## What to produce
Nothing but the line containing "poll_close none = done_pending" and the lines after it in the entries below should appear, each repeated exactly.

=== Available data ===

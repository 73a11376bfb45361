-- ===== src/Server/Compat/Defs.antt =====
-- `Compat`. The web socket is the list of what its polls give, one item for each poll; a list that is
-- used up gives nothing more. A read buffer of length `n` that is filled with `b` is the result
-- `read b`, for the code's length and the bytes copied.
use loophole.Base.{
  ℕ, Bool, true, false, Option, none, some, List, [], ◌∷◌, ◌++◌, length, take, drop, is_empty, ltb,
  min, if◌then◌else◌, Result, ok, err,
}
use loophole.Text.{Text}
use loophole.Text.Utf8.{Bytes}
use loophole.Socket.{Message, binary, close, message, failed, ended, Polled}

pub record Compat : Type 0 where
  pub inner : List Polled
  pub read_buffer : List Bytes
  pub closed : Bool

unfoldable pub new : List Polled → Compat
new inner = record { inner = inner; read_buffer = []; closed = false }

pub data PollRead : Type 0 where
  read : Bytes → PollRead
  read_failed : Text → PollRead
  read_pending : PollRead

-- What a frame leaves after its first bytes have gone.
abbrev pub rest_of : ℕ → Bytes → List Bytes → List Bytes
rest_of n payload rest =
    let left = drop (min (length payload) n) payload in if is_empty left then rest else left ∷ rest

-- The poll of the socket, where nothing is buffered.
unfoldable pub poll_inner : Compat → ℕ → Compat × PollRead
poll_inner c n = elim c.inner [
  | [] ↦ (c, read_pending)
  | none ∷ polls ↦ (record c { inner = polls }, read_pending)
  | some (failed e) ∷ polls ↦ (record c { inner = polls }, read_failed e)
  | some ended ∷ polls ↦ (record c { inner = polls; closed = true }, read [])
  | some (message m) ∷ polls ↦ elim m [
    | binary payload ↦
        let len = min (length payload) n in
        (
          record c {
            inner = polls;
            read_buffer = if ltb len (length payload) then drop len payload ∷ [] else [];
          },
          read (take len payload),
        )
    | close ↦ (record c { inner = polls; closed = true }, read [])
    | _ ↦ (record c { inner = polls }, read_pending)
  ]
]

unfoldable pub poll_read : Compat → ℕ → Compat × PollRead
unfolding poll_inner
poll_read c n = elim c.read_buffer [
  | payload ∷ rest ↦ (
    record c { read_buffer = rest_of n payload rest },
    read (take (min (length payload) n) payload),
  )
  | [] ↦ if c.closed then (c, read []) else poll_inner c n
]

pub data PollWrite : Type 0 where
  written : ℕ → PollWrite
  write_failed : Text → PollWrite
  write_pending : PollWrite

-- The messages sent, after a write: whether the sink is ready, and whether it takes the message, are
-- arguments.
unfoldable pub poll_write :
    List Message
    → Bytes
    → Option (Result Text (Unit {0}))
    → Result Text (Unit {0})
    → List Message × PollWrite
poll_write sent buf none start_send = (sent, write_pending)
poll_write sent buf (some (err e)) start_send = (sent, write_failed e)
poll_write sent buf (some (ok _)) (ok _) = (sent ++ (binary buf ∷ []), written (length buf))
poll_write sent buf (some (ok _)) (err e) = (sent, write_failed e)

pub data PollDone : Type 0 where
  done : PollDone
  done_failed : Text → PollDone
  done_pending : PollDone

-- What the socket answers is passed on.
unfoldable pub poll_flush : Option (Result Text (Unit {0})) → PollDone
poll_flush none = done_pending
poll_flush (some (ok _)) = done
poll_flush (some (err e)) = done_failed e

unfoldable pub poll_close : Option (Result Text (Unit {0})) → PollDone
poll_close none = done_pending
poll_close (some (ok _)) = done
poll_close (some (err e)) = done_failed e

===

## Result of this task
poll_close none = done_pending
poll_close (some (ok _)) = done
poll_close (some (err e)) = done_failed e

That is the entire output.